Diving Myths

From way back when in 1996 ...

NJ Scuba
Diving Myths
by Dr. Jolie Bookspan, author of Diving Physiology in Plain English

Myth 1 - The Dive Reflex Protects You

diving myths

In the dive reflex, heart rate and limb blood flow decrease. Careful science ( that means we didn't accidentally step on the thermisters ) shows time and again that the dive reflex does not reduce the need for oxygen underwater as it does in marine mammals. Field studies ( where you're allowed to step on the thermisters ) indicate that the dive reflex does not extend breath-holding time. Occasional cases of human survival after very cold water near-drowning are not due to the dive reflex. Cold is the likely mechanism behind the reduced metabolism that permits survival.

Decreased heart rate from the dive reflex does not reduce metabolism or the oxygen demands of the body's vital organs. The lowered heart rate and sometimes abnormal heart rhythms resulting from the dive reflex may contribute to blackout underwater, not save you from it. The medical term for this is death, which ends these personal dive reflex experiences prematurely. What good is the dive reflex in human divers? The blood vessel constriction in the limbs reduces heat loss.

Myth 2 - Sports drinks DEHYDRATE you

diving myths

A persistent rumor among divers is that sports drinks and juices dehydrate you, and must be diluted or taken in small quantities. Commercial electrolyte and carbohydrate sports drinks are not harmful to divers.

Exercise studies are clear that sports drinks promote rehydration by helping you absorb and retain water. They stimulate your thirst mechanism to keep you drinking and replace needed water. The net effect is more, not less fluid. However if you drink only water your body helpfully responds by having you 'pee' out the water, as there are not enough electrolytes to help absorb and 'hold' the water. The first commercial drink to solve the electrolyte and fluid replacement need was developed at the University of Florida, and named Gatorade(R) for their Gators' mascot. Now, what about the rumors?

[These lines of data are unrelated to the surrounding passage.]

-- ===== src/Voice/Settling.antt =====
-- How a turn and a barge-in of `InteractionCore` (python/tom/voice/interaction_core.py) end.
use tom.Prelude.{
  ◌⊎◌, inl, inr, ℕ, ◌+◌, ◌≡◌, refl, sym, ap, subst, ◌∙◌, Bool, true, false, Option, none, some,
  List, [], ◌∷◌, arith, if◌then◌else◌,
}
use tom.Voice.Pipeline.{listening}
use tom.Voice.Core.{
  Turn, listens, reaping, InteractionCore, transition, keep_cancelled, begin_stop, invalidate,
  handle_barge_in, finish_stop,
}
use tom.Voice.Turns.{
  drop_turn, is_finished, complete_playback, end_turn, is_interrupted, return_to_listening,
  on_turn_done, drop_turn, finish_barge_in, go_on,
}
use tom.Voice.Runs.{
  Event, speech_starts, ends, done, flushed, reaped, new, has_running, on_speech_start, apply, run,
  reap,
}
use tom.Voice.Invariant.{step-idle, IsLive, end_turn-IsLive, finish_barge_in-listening}
use tom.Voice.Safety.{run-IsSettled}

-- LISTENING with the microphone open, no turn and no audio.
abbrev pub IsListening : InteractionCore → Type 0
IsListening c =
    (c.state ≡ listening)
    × (c.is_gated ≡ false)
    × (c.active_turn ≡ none)
    × (c.playback_active ≡ false)

end_turn-finished :
    (t : Turn) (c : InteractionCore)
    → c.active_turn ≡ some t
    → is_finished (end_turn t c).active_turn ≡ true
unfolding end_turn complete_playback
end_turn-finished t c e = ground arith

end_turn-quiet : (t : Turn) (c : InteractionCore) → is_interrupted (end_turn t c) ≡ is_interrupted c
unfolding end_turn complete_playback
end_turn-quiet t c = ground arith

end_turn-stale :
    (t : Turn) (c : InteractionCore) → (end_turn t c).has_stale_callback ≡ c.has_stale_callback
unfolding end_turn complete_playback
end_turn-stale t c = ground arith

settled-IsLive :
    (c : InteractionCore) → is_interrupted c ≡ false → (c.is_stopped ≡ true) ⊎ IsLive c → IsLive c
settled-IsLive c e (inl s) = absurd (ground (arith, e, s))
settled-IsLive c e (inr h) = h

done-IsListening :
    (window : ℕ) (c : InteractionCore)
    → is_interrupted c ≡ false
    → is_finished c.active_turn ≡ true
    → c.has_stale_callback ≡ false
    → IsLive c
    → IsListening (apply window done c)
unfolding apply on_turn_done return_to_listening transition
done-IsListening window c i f b h =
    let g : c.is_gated ≡ false = ground (arith, i, f, h.1) in
    rw (f, b, i, step-idle c.state, g) (refl, refl, refl, refl)

ends-with :
    (t : Turn) (c : InteractionCore)
    → c.active_turn ≡ some t
    → t.is_finished ≡ false
    → c.has_stale_callback ≡ false
    → (window : ℕ) → apply window ends c ≡ end_turn t c
unfolding apply
ends-with t c e f b window = rw (e, f, b) refl

running_turn :
    (o : Option Turn) → has_running o ≡ true → (t : Turn) × (o ≡ some t) × (t.is_finished ≡ false)
running_turn none h = absurd (ground (arith, h))
running_turn (some t) h = (t, refl, ground (arith, h))

ended-IsListening :
    (window : ℕ) (t : Turn) (c : InteractionCore)
    → c.active_turn ≡ some t
    → t.is_finished ≡ false
    → c.has_stale_callback ≡ false
    → is_interrupted c ≡ false
    → IsLive c
    → IsListening (run window (ends ∷ done ∷ []) c)
unfolding run
ended-IsListening window t c e f b i h =
    subst (λ d. IsListening (apply window done d)) (sym (ends-with t c e f b window))
      (done-IsListening window (end_turn t c) (end_turn-quiet t c ∙ i) (end_turn-finished t c e)
        (end_turn-stale t c ∙ b) (end_turn-IsLive t c e h))

-- When the task of the active turn ends after any run, whatever it has done before, and its done
-- callback runs, the pipeline is LISTENING, the microphone is open and no audio plays, unless a
-- barge-in or a stop came or a callback of an earlier turn is still to run.
pub turn_returns_to_listening :
    (window : ℕ) (es : List Event)
    → has_running (run window es new).active_turn ≡ true
    → (run window es new).has_stale_callback ≡ false
    → is_interrupted (run window es new) ≡ false
    → IsListening (run window (ends ∷ done ∷ []) (run window es new))
turn_returns_to_listening window es r b i =
    let (t, e, f) = running_turn (run window es new).active_turn r in
    ended-IsListening window t (run window es new) e f b i
      (settled-IsLive (run window es new) i (run-IsSettled window es))

untaken : {A : Type 0} → (b : Bool) (x y : A) → b ≡ false → (if b then x else y) ≡ y
untaken true x y h = absurd (ground (arith, h))
untaken false x y h = refl

reap-listens :
    (window now e : ℕ) (c : InteractionCore)
    → c.phase ≡ reaping e listens
    → c.active_turn ≡ none
    → apply window (reaped now) c ≡ transition listening (finish_barge_in e c)
unfolding apply go_on
reap-listens window now e c p a =
    ap (λ q. reap window now q c) p ∙ untaken (has_running c.active_turn) c _ (ap has_running a)

-- The turn has ended, and the barge-in is over.
reaped-IsListening :
    (window now e : ℕ) (c : InteractionCore)
    → c.phase ≡ reaping e listens
    → e ≡ c.epoch
    → c.active_turn ≡ none
    → c.playback_active ≡ false
    → IsListening (apply window (reaped now) c) × ((apply window (reaped now) c).epoch ≡ c.epoch)
unfolding transition drop_turn
reaped-IsListening window now e c p h a q =
    subst (λ d. IsListening d × (d.epoch ≡ c.epoch))
      (sym (
        reap-listens window now e c p a
        ∙ ap (transition listening) (finish_barge_in-listening e c h)))
      ((refl, refl, refl, q), refl)

barged_in :
    (window now : ℕ) (ok : Bool) (t : Turn) (c : InteractionCore)
    → c.active_turn ≡ some t
    → t.is_finished ≡ false
    → is_interrupted c ≡ false
    → ((run window (speech_starts now ∷ flushed ok ∷ []) c).phase ≡ reaping (c.epoch + 1) listens)
      × ((run window (speech_starts now ∷ flushed ok ∷ []) c).active_turn
          ≡ some (record t { is_cancelled = true }))
      × ((run window (speech_starts now ∷ flushed ok ∷ []) c).epoch ≡ c.epoch + 1)
      × ((run window (speech_starts now ∷ flushed ok ∷ []) c).has_stale_callback
          ≡ c.has_stale_callback)
unfolding run apply on_speech_start handle_barge_in invalidate begin_stop keep_cancelled finish_stop
barged_in window now ok t c e f i = ground arith

done-dropped :
    (window : ℕ) (c : InteractionCore)
    → is_finished c.active_turn ≡ true
    → c.has_stale_callback ≡ false
    → ((apply window done c).phase ≡ c.phase)
      × ((apply window done c).epoch ≡ c.epoch)
      × ((apply window done c).active_turn ≡ none)
      × ((apply window done c).playback_active ≡ false)
unfolding apply on_turn_done return_to_listening transition
done-dropped window c f b = ground (arith, f, b)

end_turn-kept :
    (t : Turn) (c : InteractionCore)
    → ((end_turn t c).phase ≡ c.phase) × ((end_turn t c).epoch ≡ c.epoch)
unfolding end_turn complete_playback
end_turn-kept t c = ground arith

dropped :
    (window : ℕ) (t : Turn) (c : InteractionCore)
    → c.active_turn ≡ some t
    → t.is_finished ≡ false
    → c.has_stale_callback ≡ false
    → ((run window (ends ∷ done ∷ []) c).phase ≡ c.phase)
      × ((run window (ends ∷ done ∷ []) c).epoch ≡ c.epoch)
      × ((run window (ends ∷ done ∷ []) c).active_turn ≡ none)
      × ((run window (ends ∷ done ∷ []) c).playback_active ≡ false)
unfolding run
dropped window t c e f b =
    let d = end_turn t c in
    let (p, n, a, q) = done-dropped window d (end_turn-finished t c e) (end_turn-stale t c ∙ b) in
    let (p', n') = end_turn-kept t c in
    subst
      (λ x.
        ((apply window done x).phase ≡ c.phase)
        × ((apply window done x).epoch ≡ c.epoch)
        × ((apply window done x).active_turn ≡ none)
        × ((apply window done x).playback_active ≡ false))
      (sym (ends-with t c e f b window)) (p ∙ p', n ∙ n', a, q)

barge_in :
    (window now later : ℕ) (ok : Bool) (t : Turn) (c : InteractionCore)
    → c.active_turn ≡ some t
    → t.is_finished ≡ false
    → c.has_stale_callback ≡ false
    → is_interrupted c ≡ false
    → IsListening (run window (speech_starts now ∷ flushed ok ∷ ends ∷ done ∷ reaped later ∷ []) c)
      × ((run window (speech_starts now ∷ flushed ok ∷ ends ∷ done ∷ reaped later ∷ []) c).epoch
          ≡ c.epoch + 1)
unfolding run
barge_in window now later ok t c e f b i =
    let (p, a, n, l) = barged_in window now ok t c e f i in
    let d = run window (speech_starts now ∷ flushed ok ∷ []) c in
    let t' : Turn = record t { is_cancelled = true } in
    let (p', n', a', q) = dropped window t' d a f (l ∙ b) in
    let x = run window (ends ∷ done ∷ []) d in
    let (r, m) = reaped-IsListening window later (c.epoch + 1) x (p' ∙ p) (sym (n' ∙ n)) a' q in
    (r, m ∙ n' ∙ n)

-- When speech starts after any run while a turn is active, and no barge-in or stop is under way nor
-- a callback of an earlier turn still to run, then after the answer of the engine, if audio is
-- live, the end of the turn and its callback, the pipeline is LISTENING in the next epoch, the
-- microphone is open, no turn is active and no audio plays, even if the engine could not stop.
pub barge_in_returns_to_listening :
    (window now later : ℕ) (ok : Bool) (es : List Event)
    → has_running (run window es new).active_turn ≡ true
    → (run window es new).has_stale_callback ≡ false
    → is_interrupted (run window es new) ≡ false
    → IsListening (
        run window
          (speech_starts now ∷ flushed ok ∷ ends ∷ done ∷ reaped later ∷ [])
          (run window es new))
      × ((run window
            (speech_starts now ∷ flushed ok ∷ ends ∷ done ∷ reaped later ∷ [])
            (run window es new)).epoch
          ≡ (run window es new).epoch + 1)
barge_in_returns_to_listening window now later ok es r b i =
    let (t, e, f) = running_turn (run window es new).active_turn r in
    barge_in window now later ok t (run window es new) e f b i
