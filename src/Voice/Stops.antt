-- ===== src/Voice/Stops.antt =====
-- `PlaybackStopGuard` in the runs of `InteractionCore` (python/tom/voice/interaction_core.py).
use tom.Prelude.{
  either, All, ◌≤◌, ℕ, ◌+◌, ◌≡◌, refl, sym, ap, inl, inr, Bool, true, false, not, ◌&&◌, ◌||◌,
  Option, none, some, List, [], ◌∷◌, arith, Bool-cases,
}
use tom.Voice.Pipeline.{listening}
use tom.Voice.Core
use tom.Voice.Core.{
  Audio, Turn, After, returns, listens, begins, Phase, quiet, flushing, reaping, InteractionCore,
  is_current, moved, transition, transition_in, keep_cancelled, begin_stop, invalidate,
  handle_barge_in, finish_stop, finish_shutdown_stop,
}
use tom.Voice.Turns.{
  is_finished, start_turn, notify_speaking, end_turn, is_quiet, is_interrupted, return_to_listening,
  on_turn_done, on_stale_turn_done, go_on, shut_down,
}
use tom.Voice.Runs.{
  Event, speech_starts, turn_begins, speaks, completes, ends, done, stale_done, flushed, reaped,
  mic_ungates, stops, shutdown_flushed, shutdown_reaped, shutdown_flush, shutdown_reap,
  is_reaped_by, new, is_empty, has_running, on_speech_start, begin_turn, apply, run,
  complete_response, is_empty, with_turn, flush, reap,
}
use tom.Voice.Core.{has_epoch}
use tom.Voice.Kept.{
  asked, IsCounted, Keeps, above, kept-IsCounted, notify_speaking-Keeps, complete_response-Keeps,
  end_turn-Keeps, return_to_listening-Keeps, start_turn-Keeps, listening-Keeps, finish_stop-Keeps,
  go_on-Keeps, finish_shutdown_stop-Keeps, shut_down-Keeps,
}

newer : (n : ℕ) (es : List ℕ) → All (λ e. e ≤ n) es → has_epoch (n + 1) es ≡ false
newer n [] h = refl
newer n (e ∷ es) h = ground (arith, newer n es h.1, h.0)

invalidate-IsCounted :
    (after : After) (c : InteractionCore)
    → asked c.phase ≡ 0
    → IsCounted c
    → IsCounted (invalidate after c)
unfolding invalidate begin_stop
invalidate-IsCounted after c p h =
    let f = newer c.epoch c.stopped_epochs h.0 in
    let (a, b, n, l) = h in
    elim (Bool-cases c.playback_active) [
      | inl e ↦
          rw (e, f, invalidate, begin_stop)
            (
              (omega arith, above c.epoch (c.epoch + 1) (omega arith) c.stopped_epochs a),
              (f, b),
              omega (arith, n, p),
              omega (arith, l),
            )
      | inr e ↦
          rw (e, invalidate)
            (
              above c.epoch (c.epoch + 1) (omega arith) c.stopped_epochs a,
              b,
              omega (arith, n, p),
              omega (arith, l),
            )
    ]

with_turn-IsCounted :
    (o : Option Turn) (f : Turn → InteractionCore → InteractionCore) (c : InteractionCore)
    → ((t : Turn) → Keeps c (f t c))
    → IsCounted c
    → IsCounted (with_turn o f c)
with_turn-IsCounted none f c k h = h
with_turn-IsCounted (some t) f c k h =
    either IsCounted (t.is_finished || c.has_stale_callback) c _ (λ _. h)
      (λ _. kept-IsCounted c (f t c) (k t) h)

reap-IsCounted :
    (window now : ℕ) (c : InteractionCore) (p : Phase)
    → IsCounted c
    → IsCounted (reap window now p c)
reap-IsCounted window now c quiet h = h
reap-IsCounted window now c (flushing n a) h = h
reap-IsCounted window now c (reaping n a) h =
    either IsCounted (has_running c.active_turn) c _ (λ _. h)
      (λ _. kept-IsCounted c (go_on window now n a c) (go_on-Keeps window now n a c) h)

flush-IsCounted :
    (ok : Bool) (c : InteractionCore) (p : Phase)
    → p ≡ c.phase
    → IsCounted c
    → IsCounted (flush ok p c)
flush-IsCounted ok c quiet e h = h
flush-IsCounted ok c (reaping n a) e h = h
flush-IsCounted ok c (flushing n a) e h =
    kept-IsCounted c (finish_stop ok n a c) (finish_stop-Keeps ok n a c (sym (ap asked e))) h

quiet-asked : (c : InteractionCore) → is_quiet c.phase ≡ true → asked c.phase ≡ 0
quiet-asked c h = ground (arith, h)

speech-IsCounted :
    (window now : ℕ) (c : InteractionCore)
    → is_quiet c.phase ≡ true
    → IsCounted c
    → IsCounted (on_speech_start window now c)
unfolding on_speech_start handle_barge_in keep_cancelled
speech-IsCounted window now c q h =
    either IsCounted (has_running c.active_turn) _ _
      (λ _. invalidate-IsCounted listens (keep_cancelled window now c) (quiet-asked c q) h)
      (λ _. kept-IsCounted c (transition listening c) (listening-Keeps c) h)

turn-IsCounted :
    (window now : ℕ) (audio : Audio) (c : InteractionCore)
    → is_quiet c.phase ≡ true
    → IsCounted c
    → IsCounted (begin_turn window now audio c)
unfolding begin_turn handle_barge_in keep_cancelled
turn-IsCounted window now audio c q h =
    either IsCounted (c.is_stopped || is_empty audio) c _ (λ _. h)
      (λ _.
        either IsCounted (has_running c.active_turn) _ _
          (λ _.
            invalidate-IsCounted (begins audio) (keep_cancelled window now c) (quiet-asked c q) h)
          (λ _.
            kept-IsCounted c (start_turn window now audio c) (start_turn-Keeps window now audio c)
              h))

stop-IsCounted : (c : InteractionCore) → IsCounted c → IsCounted (Core.stop c)
unfolding Core.stop invalidate begin_stop
stop-IsCounted c h =
    let f = newer c.epoch c.stopped_epochs h.0 in
    let (a, b, n, l) = h in
    let a' = above c.epoch (c.epoch + 1) (omega arith) c.stopped_epochs a in
    elim (Bool-cases c.is_stopped) [
      | inl s ↦ rw (s, Core.stop) h
      | inr s ↦
          rw (s, Core.stop)
            elim (Bool-cases c.playback_active) [
              | inl e ↦
                  rw (e, f, invalidate, begin_stop)
                    ((omega arith, a'), (f, b), omega (arith, n), omega (arith, l))
              | inr e ↦ rw (e, invalidate) (a', b, omega (arith, n), omega (arith, l))
            ]
    ]

shutdown_flush-IsCounted :
    (ok : Bool) (c : InteractionCore) (p : Phase)
    → p ≡ c.shutdown
    → IsCounted c
    → IsCounted (shutdown_flush ok p c)
shutdown_flush-IsCounted ok c quiet e h = h
shutdown_flush-IsCounted ok c (reaping n a) e h = h
shutdown_flush-IsCounted ok c (flushing n a) e h =
    kept-IsCounted c (finish_shutdown_stop ok n c)
      (finish_shutdown_stop-Keeps ok n c (sym (ap asked e))) h

shutdown_reap-IsCounted :
    (c : InteractionCore) (p : Phase) → IsCounted c → IsCounted (shutdown_reap p c)
shutdown_reap-IsCounted c quiet h = h
shutdown_reap-IsCounted c (flushing n a) h = h
shutdown_reap-IsCounted c (reaping n a) h =
    either IsCounted (is_reaped_by n c.active_turn) c (shut_down c) (λ _. h)
      (λ _. kept-IsCounted c (shut_down c) (shut_down-Keeps c) h)

apply-IsCounted :
    (window : ℕ) (e : Event) (c : InteractionCore) → IsCounted c → IsCounted (apply window e c)
unfolding apply on_turn_done on_stale_turn_done
apply-IsCounted window (speech_starts now) c h =
    either IsCounted (is_interrupted c) c _ (λ _. h)
      (λ e. speech-IsCounted window now c (ground (arith, e)) h)
apply-IsCounted window (turn_begins now audio) c h =
    either IsCounted (is_interrupted c) c _ (λ _. h)
      (λ e. turn-IsCounted window now audio c (ground (arith, e)) h)
apply-IsCounted window speaks c h =
    with_turn-IsCounted c.active_turn notify_speaking c (λ t. notify_speaking-Keeps t c) h
apply-IsCounted window completes c h =
    with_turn-IsCounted c.active_turn complete_response c (λ t. complete_response-Keeps t c) h
apply-IsCounted window ends c h =
    with_turn-IsCounted c.active_turn end_turn c (λ t. end_turn-Keeps t c) h
apply-IsCounted window done c h =
    let d : InteractionCore = record c { active_turn = none } in
    either IsCounted (is_finished c.active_turn && not c.has_stale_callback) _ c
      (λ _. kept-IsCounted d (return_to_listening d) (return_to_listening-Keeps d) h) (λ _. h)
apply-IsCounted window stale_done c h =
    let d : InteractionCore = record c { has_stale_callback = false } in
    either IsCounted c.has_stale_callback _ c
      (λ _. kept-IsCounted d (return_to_listening d) (return_to_listening-Keeps d) h) (λ _. h)
apply-IsCounted window (flushed ok) c h = flush-IsCounted ok c c.phase refl h
apply-IsCounted window (reaped now) c h = reap-IsCounted window now c c.phase h
apply-IsCounted window mic_ungates c h = h
apply-IsCounted window stops c h = stop-IsCounted c h
apply-IsCounted window (shutdown_flushed ok) c h =
    either IsCounted c.is_stopped _ c (λ _. shutdown_flush-IsCounted ok c c.shutdown refl h)
      (λ _. h)
apply-IsCounted window shutdown_reaped c h =
    either IsCounted c.is_stopped _ c (λ _. shutdown_reap-IsCounted c c.shutdown h) (λ _. h)

run-IsCounted_from :
    (window : ℕ) (es : List Event) (c : InteractionCore) → IsCounted c → IsCounted (run window es c)
unfolding run
run-IsCounted_from window [] c h = h
run-IsCounted_from window (e ∷ es) c h =
    run-IsCounted_from window es (apply window e c) (apply-IsCounted window e c h)

-- After any run of a new core, no epoch has asked the engine twice to stop the playback, and the
-- engine has been asked at most once for each epoch that there was; it has stopped at most as often.
pub run-IsCounted : (window : ℕ) (es : List Event) → IsCounted (run window es new)
run-IsCounted window es = run-IsCounted_from window es new (tt, tt, omega arith, omega arith)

Salty Drinks. First to be dispelled is the scientific-sounding but false statement that these drinks pull water from the body into the intestine to exactly balance the amount of salt and other electrolytes in a highly concentrated, or hypertonic solution. First, sports drinks are not hypertonic. They are similar in concentration, or isotonic, to your body fluids. Your body also maintains a 1.3 to 2.6 gallon (5-10 liter) circulating reserve of water, salivary, gastric, biliary, pancreatic, and intestinal fluids that mix, change the chemical attributes, and dilute your food and drink. Numerous studies of exercise in the heat show that people prefer the taste of a salty drink and wind up drinking more. Extra salt stimulates a type of thirst called osmotic thirst, which is different from 'hypovolemic' thirst when you are low on water. It then makes you retain the water you drink with meals. The small amount of salt in these drinks stimulates your thirst mechanism to keep you drinking. helps retain water, and furthermore, salt is well known to help you retain water. Some 'salt-sensitive' people with high blood pressure are told to restrict salt to allow them to lose the extra water that salt retains. The net effect of all of this is to gain, not lose fluid.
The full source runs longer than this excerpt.